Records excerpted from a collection

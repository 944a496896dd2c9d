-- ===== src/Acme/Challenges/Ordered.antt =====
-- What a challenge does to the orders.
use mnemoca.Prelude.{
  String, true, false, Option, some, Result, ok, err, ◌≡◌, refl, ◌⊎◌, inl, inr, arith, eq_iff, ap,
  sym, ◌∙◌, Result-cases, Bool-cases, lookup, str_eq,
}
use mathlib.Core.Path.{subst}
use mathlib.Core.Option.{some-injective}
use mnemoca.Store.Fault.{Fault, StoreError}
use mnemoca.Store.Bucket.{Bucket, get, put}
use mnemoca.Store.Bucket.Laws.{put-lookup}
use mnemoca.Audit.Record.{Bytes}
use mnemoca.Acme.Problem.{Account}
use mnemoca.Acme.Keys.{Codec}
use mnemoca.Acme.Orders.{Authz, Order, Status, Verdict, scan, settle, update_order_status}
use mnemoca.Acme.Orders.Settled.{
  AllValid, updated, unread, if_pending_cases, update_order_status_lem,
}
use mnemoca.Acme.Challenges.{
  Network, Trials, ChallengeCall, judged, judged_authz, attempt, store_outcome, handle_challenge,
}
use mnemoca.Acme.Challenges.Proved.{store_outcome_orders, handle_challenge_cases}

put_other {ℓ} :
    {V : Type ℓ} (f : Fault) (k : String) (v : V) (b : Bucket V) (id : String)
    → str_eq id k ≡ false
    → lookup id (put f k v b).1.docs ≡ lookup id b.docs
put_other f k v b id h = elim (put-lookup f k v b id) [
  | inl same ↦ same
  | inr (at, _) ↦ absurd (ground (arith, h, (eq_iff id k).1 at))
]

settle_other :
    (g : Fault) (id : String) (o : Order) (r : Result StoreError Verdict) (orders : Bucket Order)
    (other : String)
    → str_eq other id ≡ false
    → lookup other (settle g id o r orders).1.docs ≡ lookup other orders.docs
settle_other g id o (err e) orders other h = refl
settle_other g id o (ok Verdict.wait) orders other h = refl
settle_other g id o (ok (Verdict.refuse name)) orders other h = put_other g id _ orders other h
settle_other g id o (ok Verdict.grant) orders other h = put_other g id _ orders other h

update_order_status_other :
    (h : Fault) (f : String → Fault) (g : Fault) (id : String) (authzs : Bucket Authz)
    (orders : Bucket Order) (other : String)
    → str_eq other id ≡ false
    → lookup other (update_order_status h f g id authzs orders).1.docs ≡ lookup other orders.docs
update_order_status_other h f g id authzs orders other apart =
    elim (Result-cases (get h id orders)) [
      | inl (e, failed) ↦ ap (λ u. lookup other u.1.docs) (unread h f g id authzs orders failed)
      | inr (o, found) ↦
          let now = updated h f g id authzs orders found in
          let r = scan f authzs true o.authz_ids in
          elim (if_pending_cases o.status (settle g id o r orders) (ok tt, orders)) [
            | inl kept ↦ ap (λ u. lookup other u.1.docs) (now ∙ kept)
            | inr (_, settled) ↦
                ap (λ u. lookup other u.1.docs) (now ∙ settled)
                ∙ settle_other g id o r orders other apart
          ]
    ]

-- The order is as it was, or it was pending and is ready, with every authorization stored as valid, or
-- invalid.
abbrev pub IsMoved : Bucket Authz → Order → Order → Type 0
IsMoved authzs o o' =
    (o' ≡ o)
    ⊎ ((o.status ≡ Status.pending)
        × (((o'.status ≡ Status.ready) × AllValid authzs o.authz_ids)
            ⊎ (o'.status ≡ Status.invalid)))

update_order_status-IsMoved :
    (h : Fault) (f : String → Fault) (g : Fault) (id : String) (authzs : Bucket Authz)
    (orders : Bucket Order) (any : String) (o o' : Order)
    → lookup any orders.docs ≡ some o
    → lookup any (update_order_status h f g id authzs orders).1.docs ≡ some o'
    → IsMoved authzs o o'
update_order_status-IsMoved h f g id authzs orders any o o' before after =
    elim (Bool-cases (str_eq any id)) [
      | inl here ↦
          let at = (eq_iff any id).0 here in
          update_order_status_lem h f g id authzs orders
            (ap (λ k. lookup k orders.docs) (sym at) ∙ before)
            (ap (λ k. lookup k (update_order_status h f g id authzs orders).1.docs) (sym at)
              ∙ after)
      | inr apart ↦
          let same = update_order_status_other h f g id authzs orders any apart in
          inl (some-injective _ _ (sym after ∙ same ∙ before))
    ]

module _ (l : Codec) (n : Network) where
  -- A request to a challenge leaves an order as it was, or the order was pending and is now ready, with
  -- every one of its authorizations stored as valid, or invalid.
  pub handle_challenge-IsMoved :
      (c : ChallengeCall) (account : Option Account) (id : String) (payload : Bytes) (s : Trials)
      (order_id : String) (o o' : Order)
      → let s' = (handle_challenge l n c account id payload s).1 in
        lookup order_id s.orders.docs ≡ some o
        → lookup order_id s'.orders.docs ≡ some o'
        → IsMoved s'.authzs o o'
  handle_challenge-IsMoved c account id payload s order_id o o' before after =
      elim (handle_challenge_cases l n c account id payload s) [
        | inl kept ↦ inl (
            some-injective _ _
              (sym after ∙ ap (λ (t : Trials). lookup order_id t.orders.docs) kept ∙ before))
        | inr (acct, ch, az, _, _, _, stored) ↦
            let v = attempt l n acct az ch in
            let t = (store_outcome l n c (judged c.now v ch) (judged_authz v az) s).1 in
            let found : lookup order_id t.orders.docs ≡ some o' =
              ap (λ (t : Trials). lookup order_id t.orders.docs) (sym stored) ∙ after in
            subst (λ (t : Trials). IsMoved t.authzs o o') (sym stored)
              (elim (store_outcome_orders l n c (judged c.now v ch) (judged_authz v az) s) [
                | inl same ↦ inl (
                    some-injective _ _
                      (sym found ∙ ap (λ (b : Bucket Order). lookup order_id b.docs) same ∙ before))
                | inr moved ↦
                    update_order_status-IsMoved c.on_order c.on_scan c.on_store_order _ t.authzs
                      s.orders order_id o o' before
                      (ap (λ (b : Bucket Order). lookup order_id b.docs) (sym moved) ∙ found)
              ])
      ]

### ACTIVITY
Return the entries exactly through the "settle_other g id o (ok (Verdict.refuse" line.

### FINAL ANSWER
repository 944a496896dd2c9d
-- ===== src/Acme/Challenges/Ordered.antt =====
-- What a challenge does to the orders.
use mnemoca.Prelude.{
  String, true, false, Option, some, Result, ok, err, ◌≡◌, refl, ◌⊎◌, inl, inr, arith, eq_iff, ap,
  sym, ◌∙◌, Result-cases, Bool-cases, lookup, str_eq,
}
use mathlib.Core.Path.{subst}
use mathlib.Core.Option.{some-injective}
use mnemoca.Store.Fault.{Fault, StoreError}
use mnemoca.Store.Bucket.{Bucket, get, put}
use mnemoca.Store.Bucket.Laws.{put-lookup}
use mnemoca.Audit.Record.{Bytes}
use mnemoca.Acme.Problem.{Account}
use mnemoca.Acme.Keys.{Codec}
use mnemoca.Acme.Orders.{Authz, Order, Status, Verdict, scan, settle, update_order_status}
use mnemoca.Acme.Orders.Settled.{
  AllValid, updated, unread, if_pending_cases, update_order_status_lem,
}
use mnemoca.Acme.Challenges.{
  Network, Trials, ChallengeCall, judged, judged_authz, attempt, store_outcome, handle_challenge,
}
use mnemoca.Acme.Challenges.Proved.{store_outcome_orders, handle_challenge_cases}

put_other {ℓ} :
    {V : Type ℓ} (f : Fault) (k : String) (v : V) (b : Bucket V) (id : String)
    → str_eq id k ≡ false
    → lookup id (put f k v b).1.docs ≡ lookup id b.docs
put_other f k v b id h = elim (put-lookup f k v b id) [
  | inl same ↦ same
  | inr (at, _) ↦ absurd (ground (arith, h, (eq_iff id k).1 at))
]

settle_other :
    (g : Fault) (id : String) (o : Order) (r : Result StoreError Verdict) (orders : Bucket Order)
    (other : String)
    → str_eq other id ≡ false
    → lookup other (settle g id o r orders).1.docs ≡ lookup other orders.docs
settle_other g id o (err e) orders other h = refl
settle_other g id o (ok Verdict.wait) orders other h = refl
settle_other g id o (ok (Verdict.refuse name)) orders other h = put_other g id _ orders other h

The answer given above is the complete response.